Les amateurs des aventures du commissaire Nicolas Le Floch dans le Paris des Lumières, contées par Jean-François Parrot, ne seront pas  désorientés par le livre de l’historien Vincent Milliot sur la police parisienne au XVIII° siècle. Ils y retrouveront, appuyée sur une exploitation rigoureuse des sources, la même vision plutôt positive sur le travail de la police du Roi qui fait de Paris, alors l’une des plus grandes villes d’Europe, peut-être la plus sûre, grâce à un quadrillage très moderne de sa surveillance.

Mais cette sûreté a un prix : des méthodes expéditives (arrestations arbitraires, enlèvements) qui respectent peu les libertés individuelle. Elle ne supprime pas, en outre,  l’habitude de se nourrir sur la bête qui pousse les inspecteurs à rançonner ceux qu’ils surveillent comme ceux qu’ils doivent protéger. Ce mélange d’efficacité administrative et de brutalité despotique, reflète le double visage de l’Etat  absolutiste dont les rouages parfaitement huilés, ronronnent… au bord de l’abîme.

> Sylvie Steinberg, Une tache au front. La bâtardise aux XVI° et XVII° siècles, Albin Michel, 440 pp. 24 euros

Aujourd’hui, plus de la moitié des femmes en France ont leur premier enfant hors mariage. Non parce qu’elles seraient particulièrement dévergondées, mais parce que le mariage est devenu une institution peu considérée à laquelle les couples se soumettent quand ils ont déjà un ou plusieurs enfants…ou jamais. Juridiquement et socialement, le bâtard n’existe plus.
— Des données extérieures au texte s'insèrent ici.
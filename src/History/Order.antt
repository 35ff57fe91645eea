-- ===== src/History/Order.antt =====
-- history.go: the order in which Go ranges over the map of the clients, which is not the same in
-- two calls.
use mathlib.Core.List.{Perm, foldr}
use mathlib.Core.List.Perm
use native.Mathlib.Nat.{ℕ_set}
use botex.Prelude.{
  ℕ, ◌+◌, ◌≡◌, refl, sym, ap, ◌∙◌, Bool, List, [], ◌∷◌, arith, if◌then◌else◌, sum_of, count_if,
}
use botex.Data.{Bytes, IpStats}
use botex.Float64.{Float64}
use botex.History.{History, no_stats, sum_clients, total_stats}
use botex.History.Updates.{Entry, is_named, total_stats_lem}

module _ {A : Type 0} where
  sum_of-foldr : (f : A → ℕ) (xs : List A) → sum_of f xs ≡ foldr (λ x n. f x + n) 0 xs
  sum_of-foldr f [] = refl
  sum_of-foldr f (x ∷ xs) = ap (λ n. f x + n) (sum_of-foldr f xs)

  pub sum_of-Perm : (f : A → ℕ) (xs ys : List A) → Perm xs ys → sum_of f xs ≡ sum_of f ys
  sum_of-Perm f xs ys p =
      sum_of-foldr f xs
      ∙ Perm.foldr-eq ℕ_set (λ x n. f x + n) (λ a b n. omega arith) p 0
      ∙ sym (sum_of-foldr f ys)

  count_if-sum_of :
      (p : A → Bool) (xs : List A) → count_if p xs ≡ sum_of (λ x. if p x then 1 else 0) xs
  count_if-sum_of p [] = refl
  count_if-sum_of p (x ∷ xs) = ap (λ n. (if p x then 1 else 0) + n) (count_if-sum_of p xs)

  pub count_if-Perm : (p : A → Bool) (xs ys : List A) → Perm xs ys → count_if p xs ≡ count_if p ys
  count_if-Perm p xs ys q =
      count_if-sum_of p xs ∙ sum_of-Perm _ xs ys q ∙ sym (count_if-sum_of p ys)

module _ {A F : Type 0} (fl : Float64 F) where
  -- The sums with everything else as in `st`.
  abbrev with_sums : IpStats A F Bytes → ℕ → ℕ → ℕ → ℕ → IpStats A F Bytes
  with_sums st t a o w = record st {
    stats = record st.stats { total = t; app = a; other = o };
    with_hostname = w;
  }

  abbrev with_ratio : ℕ → ℕ → ℕ → ℕ → IpStats A F Bytes
  with_ratio t a o w =
      let sums = with_sums (no_stats fl) t a o w in
      record sums { stats = record sums.stats { ratio = fl.div (fl.of_int a) (fl.of_int t) } }

module _ {M A G F : Type 0} (fl : Float64 F) where
  -- `sum_clients` sets no other field.
  sum_clients-with_sums :
      (es : List (Entry M A G F)) (st : IpStats A F Bytes)
      → let r = sum_clients fl es st in r ≡ with_sums fl st r.total r.app r.other r.with_hostname
  unfolding sum_clients
  sum_clients-with_sums [] st = refl
  sum_clients-with_sums ((key, ipd) ∷ es) st = sum_clients-with_sums es _

  total_stats-with_ratio :
      {W : Type 0} (h : History M W A G F)
      → let r = total_stats fl h in r ≡ with_ratio fl r.total r.app r.other r.with_hostname
  unfolding total_stats
  total_stats-with_ratio h =
      ap
        (λ (r : IpStats A F Bytes). record r {
          stats = record r.stats { ratio = fl.div (fl.of_int r.app) (fl.of_int r.total) };
        })
        (sum_clients-with_sums h.clients (no_stats fl))

  total_stats-Perm :
      {W : Type 0} (h k : History M W A G F)
      → Perm h.clients k.clients
      → total_stats fl h ≡ total_stats fl k
  total_stats-Perm h k p =
      let (t, a, o, w, _) = total_stats_lem fl h in
      let (t', a', o', w', _) = total_stats_lem fl k in
      let moved = λ (f : Entry M A G F → ℕ). sum_of-Perm f h.clients k.clients p in
      total_stats-with_ratio h
      ∙ rw
          (
            t ∙ moved _ ∙ sym t',
            a ∙ moved _ ∙ sym a',
            o ∙ moved _ ∙ sym o',
            w ∙ count_if-Perm is_named h.clients k.clients p ∙ sym w',
          )
          refl
      ∙ sym (total_stats-with_ratio k)

  -- TotalStats, in whatever order it goes through the clients of `h`, which are those of `k` in
  -- another order: the sums of their total, app and other requests, the number of those whose name
  -- is not empty, and the ratio of the app requests to all; and no part of the answer depends on the
  -- order.
  pub total_stats_in_any_order :
      {W : Type 0} (h k : History M W A G F)
      → Perm h.clients k.clients
      → let r = total_stats fl h in
        (r.total ≡ sum_of (λ (e : Entry M A G F). e.1.details.total) k.clients)
        × (r.app ≡ sum_of (λ (e : Entry M A G F). e.1.details.app) k.clients)
        × (r.other ≡ sum_of (λ (e : Entry M A G F). e.1.details.other) k.clients)
        × (r.with_hostname ≡ count_if is_named k.clients)
        × (r.ratio ≡ fl.div (fl.of_int r.app) (fl.of_int r.total))
        × (r ≡ total_stats fl k)
  total_stats_in_any_order h k p =
      let (t, a, o, w, q) = total_stats_lem fl h in
      let moved = λ (f : Entry M A G F → ℕ). sum_of-Perm f h.clients k.clients p in
      (
        t ∙ moved _,
        a ∙ moved _,
        o ∙ moved _,
        w ∙ count_if-Perm is_named h.clients k.clients p,
        q,
        total_stats-Perm h k p,
      )
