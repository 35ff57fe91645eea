-- ===== src/History/Expiry.antt =====
-- Which clients a tick of the clock removes.
use mathlib.Core.Option.{some-injective, none-ne-some}
use botex.Prelude.{
  ◌≢◌, some, subst, sym, lookup, str_eq, eq_iff, ℕ, ◌+◌, ◌≡◌, refl, ap, ◌∙◌, String, Bool,
  Bool-cases, inl, inr, true, false, not, ◌&&◌, List, [], ◌∷◌, ltb, ◌==◌, if◌then◌else◌, arith, map,
  select,
}
use botex.Treemap.{Treemap}
use botex.Window.{Time, Duration}
use botex.MapWindow.{Clock}
use botex.Requests
use botex.Requests.{can_be_expired}
use botex.Requests.Balance.{Hit, recent_hits, Balanced, expire-stale}
use botex.IpData.{IpData}
use botex.IpData
use botex.StatsWindows
use botex.History.{History, expire_clients}
use botex.History
use botex.History.Updates.{Entry}

module _ {M A G F : Type 0} ⦃tm : Treemap M ℕ⦄ (clocks : String → Clock) where
  -- The windows of the client are due, and nothing is left in them.
  abbrev pub is_gone : Entry M A G F → Bool
  is_gone e =
      can_be_expired (clocks e.0 0) e.1.requests
      && (IpData.expire (λ i. clocks e.0 (i + 1)) e.1).1 == 0

  -- A client after the tick.
  abbrev pub settle : Entry M A G F → Entry M A G F
  settle e = (
    e.0,
    if can_be_expired (clocks e.0 0) e.1.requests
        then (IpData.expire (λ i. clocks e.0 (i + 1)) e.1).0
        else e.1,
  )

  expire_clients_lem :
      (clients : List (Entry M A G F))
      → ((expire_clients clocks clients).0 ≡ map settle (select (λ e. not (is_gone e)) clients))
        × ((expire_clients clocks clients).1 ≡ map (λ e. e.0) (select is_gone clients))
  unfolding expire_clients
  expire_clients_lem [] = (refl, refl)
  expire_clients_lem ((key, ipd) ∷ rest) =
      let (left, gone) = expire_clients_lem rest in
      elim (Bool-cases (can_be_expired (clocks key 0) ipd.requests)) [
        | inr e ↦ rw e (rw left (rw e refl), gone)
        | inl e ↦ elim (Bool-cases (ltb 0 (IpData.expire (λ i. clocks key (i + 1)) ipd).1)) [
          | inl f ↦
              let held : ((IpData.expire (λ i. clocks key (i + 1)) ipd).1 == 0) ≡ false =
                ground (arith, f) in
              rw e (rw f (rw held (rw left (rw e refl), gone)))
          | inr f ↦
              let empty : ((IpData.expire (λ i. clocks key (i + 1)) ipd).1 == 0) ≡ true =
                ground (arith, f) in
              rw e (rw f (rw empty (left, rw gone refl)))
        ]
      ]

  lookup-head :
      (key : String) (ipd : IpData M A G F) (rest : List (Entry M A G F))
      → is_gone (key, ipd) ≡ false
      → lookup key (map settle (select (λ e. not (is_gone e)) ((key, ipd) ∷ rest)))
        ≡ some (settle (key, ipd)).1
  unfolding lookup
  lookup-head key ipd rest stays = rw stays (rw ((eq_iff key key).1 refl) refl)

  is_gone-stale :
      (size : Duration) (num : ℕ) (key : String) (ipd : IpData M A G F) (hs : List Hit) (t : Time)
      → ((i : ℕ) → clocks key i ≡ t)
      → Balanced size num hs ipd.requests
      → is_gone (key, ipd) ≡ true
      → recent_hits t size num hs ≡ []
  unfolding IpData.expire
  is_gone-stale size num key ipd hs t still b gone =
      let due : can_be_expired (clocks key 0) ipd.requests ≡ true = ground (arith, gone) in
      let empty : (Requests.expire (λ i. clocks key (i + 1)) ipd.requests).1 ≡ 0 =
        ground (arith, gone) in
      expire-stale size num (λ i. clocks key (i + 1)) t hs ipd.requests (λ i. still (i + 1)) b
        (ap (λ t. can_be_expired t ipd.requests) (sym (still 0)) ∙ due) empty

  lookup-settle :
      (key : String) (ipd : IpData M A G F) (clients : List (Entry M A G F))
      → lookup key clients ≡ some ipd
      → is_gone (key, ipd) ≡ false
      → lookup key (map settle (select (λ e. not (is_gone e)) clients)) ≡ some (settle (key, ipd)).1
  unfolding lookup
  lookup-settle key ipd [] h stays = absurd (none-ne-some ipd h)
  lookup-settle key ipd ((held, old) ∷ rest) h stays = elim (Bool-cases (str_eq held key)) [
    | inl f ↦
        let same : ◌≡◌ {A = Entry M A G F} (held, old) (key, ipd) =
          cc ((eq_iff held key).0 f, some-injective _ _ (rw f at h)) in
        subst
          (λ e.
            lookup key (map settle (select (λ e. not (is_gone e)) (e ∷ rest)))
            ≡ some (settle (key, ipd)).1)
          (sym same) (lookup-head key ipd rest stays)
    | inr f ↦ elim (Bool-cases (is_gone (held, old))) [
      | inl g ↦ rw g (lookup-settle key ipd rest (rw f at h) stays)
      | inr g ↦ rw g (rw f (lookup-settle key ipd rest (rw f at h) stays))
    ]
  ]

module _ {M W A G F : Type 0} ⦃tm : Treemap M ℕ⦄ ⦃wm : Treemap W StatsWindows.Stats⦄ (now : Time)
    (clocks : String → Clock) (h : History M W A G F) where
  -- `expire`: the clients that are due and have nothing left in their windows are removed, and their
  -- keys are those that are announced; every other client stays, expired if it is due.
  pub expire_lem :
      ((History.expire now clocks h).0.clients
        ≡ map (settle clocks) (select (λ e. not (is_gone clocks e)) h.clients))
      × ((History.expire now clocks h).1 ≡ map (λ e. e.0) (select (is_gone clocks) h.clients))
  unfolding History.expire
  expire_lem = expire_clients_lem clocks h.clients

  -- A client whose windows count the hits `hs`, of which some are in recent buckets, is still there
  -- after a tick whose clock stands still for it, expired if it is due.
  pub expire-keeps_recent :
      (size : Duration) (num : ℕ) (key : String) (ipd : IpData M A G F) (hs : List Hit) (t : Time)
      → lookup key h.clients ≡ some ipd
      → ((i : ℕ) → clocks key i ≡ t)
      → Balanced size num hs ipd.requests
      → recent_hits t size num hs ≢ []
      → lookup key (History.expire now clocks h).0.clients ≡ some (settle clocks (key, ipd)).1
  expire-keeps_recent size num key ipd hs t there still b recent =
      elim (Bool-cases (is_gone clocks (key, ipd))) [
        | inl e ↦ absurd (recent (is_gone-stale clocks size num key ipd hs t still b e))
        | inr e ↦ rw expire_lem.0 (lookup-settle clocks key ipd h.clients there e)
      ]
Mais on oublie qu’il existait encore au début des années 1970 avant les réformes du président Giscard d’Estaing accordant aux « enfants  naturels » le statut d’héritier. C’est la longue histoire d’une exclusion remontant à l’Eglise médiévale que reconstitue le livre passionnant de Sylvie Steinberg.

Illustration 2
Aux éditions Albin Michel

Contrairement à certains qui ont vu dans la réprobation grandissante de la bâtardise aux XVII° et XVIII° siècle, le poids  grandissant de l’Etat monarchique qui place  l’ordre social au dessus de la voix du cœur, ce livre nous montre que l’Eglise est restée à la manœuvre. Consciente de détenir par l’administration du mariage le contrôle de la sexualité, c’est elle qui a convaincu l’aristocratie et plus lentement les classes populaires, d’exclure les bâtards du cercle familial pour en faire des parias.

Au XVIII° siècle, la loi de l’Eglise peine à résister à l’émancipation morale des individus que la Révolution inscrit dans la loi en réhabilitant les « enfants naturels ». Mais cette réhabilitation sera vite annulée. En s’identifiant à l’ordre familial, l’Eglise avait semé pour longtemps. Il faudra attendre encore deux siècles de sécularisation et le coup de boutoir de Mai 1968 pour voir disparaître enfin la macule de la bâtardise.